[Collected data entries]
--*--

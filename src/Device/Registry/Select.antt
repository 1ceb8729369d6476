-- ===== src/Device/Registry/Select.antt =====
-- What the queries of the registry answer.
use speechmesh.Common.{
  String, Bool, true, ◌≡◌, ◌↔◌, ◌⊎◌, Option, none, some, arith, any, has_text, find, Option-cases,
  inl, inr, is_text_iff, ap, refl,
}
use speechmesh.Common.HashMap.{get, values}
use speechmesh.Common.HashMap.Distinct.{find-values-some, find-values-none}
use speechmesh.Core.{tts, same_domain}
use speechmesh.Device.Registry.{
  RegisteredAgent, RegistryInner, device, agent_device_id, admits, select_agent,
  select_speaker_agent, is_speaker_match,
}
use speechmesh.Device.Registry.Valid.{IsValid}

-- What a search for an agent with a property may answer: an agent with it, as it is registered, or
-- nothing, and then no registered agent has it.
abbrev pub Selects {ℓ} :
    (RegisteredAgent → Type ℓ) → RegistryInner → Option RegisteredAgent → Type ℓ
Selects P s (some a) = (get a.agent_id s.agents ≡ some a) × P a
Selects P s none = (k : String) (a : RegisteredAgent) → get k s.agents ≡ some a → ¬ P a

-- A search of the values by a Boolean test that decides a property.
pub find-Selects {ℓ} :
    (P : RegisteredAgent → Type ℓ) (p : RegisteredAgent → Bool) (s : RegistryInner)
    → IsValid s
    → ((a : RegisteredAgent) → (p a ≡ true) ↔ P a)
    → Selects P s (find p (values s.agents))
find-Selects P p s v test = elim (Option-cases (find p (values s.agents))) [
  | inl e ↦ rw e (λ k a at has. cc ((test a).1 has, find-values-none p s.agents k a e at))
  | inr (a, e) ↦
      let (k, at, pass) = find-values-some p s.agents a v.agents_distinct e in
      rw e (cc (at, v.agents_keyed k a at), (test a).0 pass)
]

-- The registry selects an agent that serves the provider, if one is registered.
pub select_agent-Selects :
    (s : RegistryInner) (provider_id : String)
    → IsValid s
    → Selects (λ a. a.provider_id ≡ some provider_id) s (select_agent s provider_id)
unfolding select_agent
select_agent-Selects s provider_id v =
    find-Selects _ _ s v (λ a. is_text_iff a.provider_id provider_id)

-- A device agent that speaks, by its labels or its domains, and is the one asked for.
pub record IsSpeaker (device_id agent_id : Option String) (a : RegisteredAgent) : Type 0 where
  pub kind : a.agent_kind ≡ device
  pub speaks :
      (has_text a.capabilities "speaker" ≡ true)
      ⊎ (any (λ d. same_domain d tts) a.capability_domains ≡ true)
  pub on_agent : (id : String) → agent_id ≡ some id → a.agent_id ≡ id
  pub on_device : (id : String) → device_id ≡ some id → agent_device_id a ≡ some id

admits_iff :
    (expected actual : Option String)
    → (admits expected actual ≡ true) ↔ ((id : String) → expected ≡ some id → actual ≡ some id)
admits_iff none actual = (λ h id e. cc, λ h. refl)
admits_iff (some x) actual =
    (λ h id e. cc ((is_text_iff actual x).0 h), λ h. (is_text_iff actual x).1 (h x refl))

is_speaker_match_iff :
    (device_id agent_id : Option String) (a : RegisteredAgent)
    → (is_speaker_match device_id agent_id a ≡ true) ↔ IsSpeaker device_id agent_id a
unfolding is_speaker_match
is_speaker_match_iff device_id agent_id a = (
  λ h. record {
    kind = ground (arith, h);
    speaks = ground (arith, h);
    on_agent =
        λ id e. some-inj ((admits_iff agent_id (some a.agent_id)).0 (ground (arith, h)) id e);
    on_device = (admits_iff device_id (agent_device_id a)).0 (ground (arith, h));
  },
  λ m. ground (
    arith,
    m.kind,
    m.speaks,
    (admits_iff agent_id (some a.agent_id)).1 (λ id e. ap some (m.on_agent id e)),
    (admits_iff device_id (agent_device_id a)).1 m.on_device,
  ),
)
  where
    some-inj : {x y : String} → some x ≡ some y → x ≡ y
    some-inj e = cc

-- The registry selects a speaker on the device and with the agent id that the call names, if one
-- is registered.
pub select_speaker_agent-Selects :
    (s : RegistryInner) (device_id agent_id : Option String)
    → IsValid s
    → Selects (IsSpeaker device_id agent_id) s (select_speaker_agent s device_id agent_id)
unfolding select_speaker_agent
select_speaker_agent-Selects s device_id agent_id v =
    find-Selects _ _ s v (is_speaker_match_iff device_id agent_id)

--*--

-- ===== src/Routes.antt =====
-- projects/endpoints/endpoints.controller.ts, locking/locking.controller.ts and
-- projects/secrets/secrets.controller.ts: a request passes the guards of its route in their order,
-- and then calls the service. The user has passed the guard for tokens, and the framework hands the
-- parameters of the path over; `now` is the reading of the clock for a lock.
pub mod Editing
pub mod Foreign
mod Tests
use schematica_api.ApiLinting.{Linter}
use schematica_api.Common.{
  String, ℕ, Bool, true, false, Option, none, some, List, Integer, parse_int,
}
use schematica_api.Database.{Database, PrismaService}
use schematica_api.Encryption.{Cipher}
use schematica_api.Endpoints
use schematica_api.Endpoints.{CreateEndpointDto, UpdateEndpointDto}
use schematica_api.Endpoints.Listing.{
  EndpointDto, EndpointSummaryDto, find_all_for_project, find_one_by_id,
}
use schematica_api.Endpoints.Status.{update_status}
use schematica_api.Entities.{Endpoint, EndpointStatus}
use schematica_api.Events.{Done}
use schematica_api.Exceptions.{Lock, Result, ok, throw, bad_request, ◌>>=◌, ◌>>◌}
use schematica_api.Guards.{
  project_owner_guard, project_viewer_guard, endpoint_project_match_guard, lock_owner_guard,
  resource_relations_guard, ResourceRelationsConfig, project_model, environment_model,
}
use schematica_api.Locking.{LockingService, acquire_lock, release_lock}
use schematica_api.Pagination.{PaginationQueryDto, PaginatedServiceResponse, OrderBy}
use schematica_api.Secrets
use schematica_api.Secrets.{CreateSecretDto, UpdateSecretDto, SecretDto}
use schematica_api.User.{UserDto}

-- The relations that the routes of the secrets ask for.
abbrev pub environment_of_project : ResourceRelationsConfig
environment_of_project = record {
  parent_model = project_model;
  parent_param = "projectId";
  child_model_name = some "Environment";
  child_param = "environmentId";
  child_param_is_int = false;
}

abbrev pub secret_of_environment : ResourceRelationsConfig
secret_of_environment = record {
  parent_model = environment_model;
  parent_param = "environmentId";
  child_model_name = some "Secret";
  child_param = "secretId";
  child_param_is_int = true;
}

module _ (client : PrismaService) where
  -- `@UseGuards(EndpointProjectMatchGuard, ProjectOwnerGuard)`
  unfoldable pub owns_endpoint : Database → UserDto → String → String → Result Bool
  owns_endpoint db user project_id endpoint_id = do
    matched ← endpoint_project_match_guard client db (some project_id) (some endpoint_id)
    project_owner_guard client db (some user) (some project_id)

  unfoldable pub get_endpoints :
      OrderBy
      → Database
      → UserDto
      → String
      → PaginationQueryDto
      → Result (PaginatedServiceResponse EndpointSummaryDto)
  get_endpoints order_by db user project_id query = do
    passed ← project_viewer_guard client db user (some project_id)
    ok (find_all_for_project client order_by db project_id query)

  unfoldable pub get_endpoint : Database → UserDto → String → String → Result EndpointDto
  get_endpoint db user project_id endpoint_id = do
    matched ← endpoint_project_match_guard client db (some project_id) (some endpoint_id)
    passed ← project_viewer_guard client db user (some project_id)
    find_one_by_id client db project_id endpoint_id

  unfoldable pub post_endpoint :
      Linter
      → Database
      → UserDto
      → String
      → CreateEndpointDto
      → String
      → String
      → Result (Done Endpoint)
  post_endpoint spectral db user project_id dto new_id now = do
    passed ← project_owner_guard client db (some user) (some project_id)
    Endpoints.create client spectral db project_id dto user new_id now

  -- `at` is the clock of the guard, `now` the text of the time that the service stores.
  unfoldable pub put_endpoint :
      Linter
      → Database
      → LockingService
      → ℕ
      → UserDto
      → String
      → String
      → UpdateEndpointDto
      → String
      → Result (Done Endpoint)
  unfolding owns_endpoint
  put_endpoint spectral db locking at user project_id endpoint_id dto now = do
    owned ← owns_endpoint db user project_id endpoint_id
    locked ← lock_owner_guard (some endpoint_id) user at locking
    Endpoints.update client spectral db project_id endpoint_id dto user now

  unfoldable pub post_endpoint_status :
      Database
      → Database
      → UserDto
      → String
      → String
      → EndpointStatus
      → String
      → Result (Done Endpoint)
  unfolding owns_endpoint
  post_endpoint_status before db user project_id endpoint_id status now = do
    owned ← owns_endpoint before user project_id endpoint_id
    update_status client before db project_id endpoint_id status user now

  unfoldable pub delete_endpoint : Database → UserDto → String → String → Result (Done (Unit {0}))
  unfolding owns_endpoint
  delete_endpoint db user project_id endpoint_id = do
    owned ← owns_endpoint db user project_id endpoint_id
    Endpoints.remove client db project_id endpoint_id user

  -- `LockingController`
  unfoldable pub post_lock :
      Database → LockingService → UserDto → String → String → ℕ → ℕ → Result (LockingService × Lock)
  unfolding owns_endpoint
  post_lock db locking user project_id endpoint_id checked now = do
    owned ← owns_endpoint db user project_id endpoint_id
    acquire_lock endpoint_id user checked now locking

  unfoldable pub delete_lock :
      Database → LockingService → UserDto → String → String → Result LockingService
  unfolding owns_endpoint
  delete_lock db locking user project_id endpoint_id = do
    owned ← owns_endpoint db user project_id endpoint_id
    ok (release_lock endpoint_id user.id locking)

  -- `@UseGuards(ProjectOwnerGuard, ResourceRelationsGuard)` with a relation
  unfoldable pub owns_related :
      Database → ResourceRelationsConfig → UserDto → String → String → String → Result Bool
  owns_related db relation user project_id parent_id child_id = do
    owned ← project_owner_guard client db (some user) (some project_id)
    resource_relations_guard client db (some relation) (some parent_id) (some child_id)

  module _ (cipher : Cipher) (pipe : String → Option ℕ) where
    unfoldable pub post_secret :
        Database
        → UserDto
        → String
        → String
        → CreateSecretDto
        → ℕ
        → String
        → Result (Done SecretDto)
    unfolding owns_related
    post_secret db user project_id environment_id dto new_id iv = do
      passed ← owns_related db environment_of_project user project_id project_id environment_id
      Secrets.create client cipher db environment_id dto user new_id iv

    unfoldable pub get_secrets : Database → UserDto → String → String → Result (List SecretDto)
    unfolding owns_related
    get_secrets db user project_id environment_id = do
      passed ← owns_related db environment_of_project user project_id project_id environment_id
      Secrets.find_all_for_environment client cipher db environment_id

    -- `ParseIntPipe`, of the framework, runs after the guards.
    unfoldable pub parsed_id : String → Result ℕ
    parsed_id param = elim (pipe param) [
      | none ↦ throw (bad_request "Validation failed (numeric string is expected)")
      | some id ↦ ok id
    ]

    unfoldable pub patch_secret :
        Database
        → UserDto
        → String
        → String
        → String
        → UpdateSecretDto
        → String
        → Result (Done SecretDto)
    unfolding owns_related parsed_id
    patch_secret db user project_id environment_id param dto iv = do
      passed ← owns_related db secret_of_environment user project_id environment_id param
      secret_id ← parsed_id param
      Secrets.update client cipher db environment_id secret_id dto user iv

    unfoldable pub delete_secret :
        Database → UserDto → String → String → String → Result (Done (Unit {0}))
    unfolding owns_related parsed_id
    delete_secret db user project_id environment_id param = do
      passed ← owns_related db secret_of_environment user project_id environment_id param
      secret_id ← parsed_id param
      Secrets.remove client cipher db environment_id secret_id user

--*--

• _EXERCISE DETAILS_
Every line above that includes the string "EndpointSummaryDto" needs to be copied.

• _EXPECTED ANSWER_
  EndpointDto, EndpointSummaryDto, find_all_for_project, find_one_by_id,
      → Result (PaginatedServiceResponse EndpointSummaryDto)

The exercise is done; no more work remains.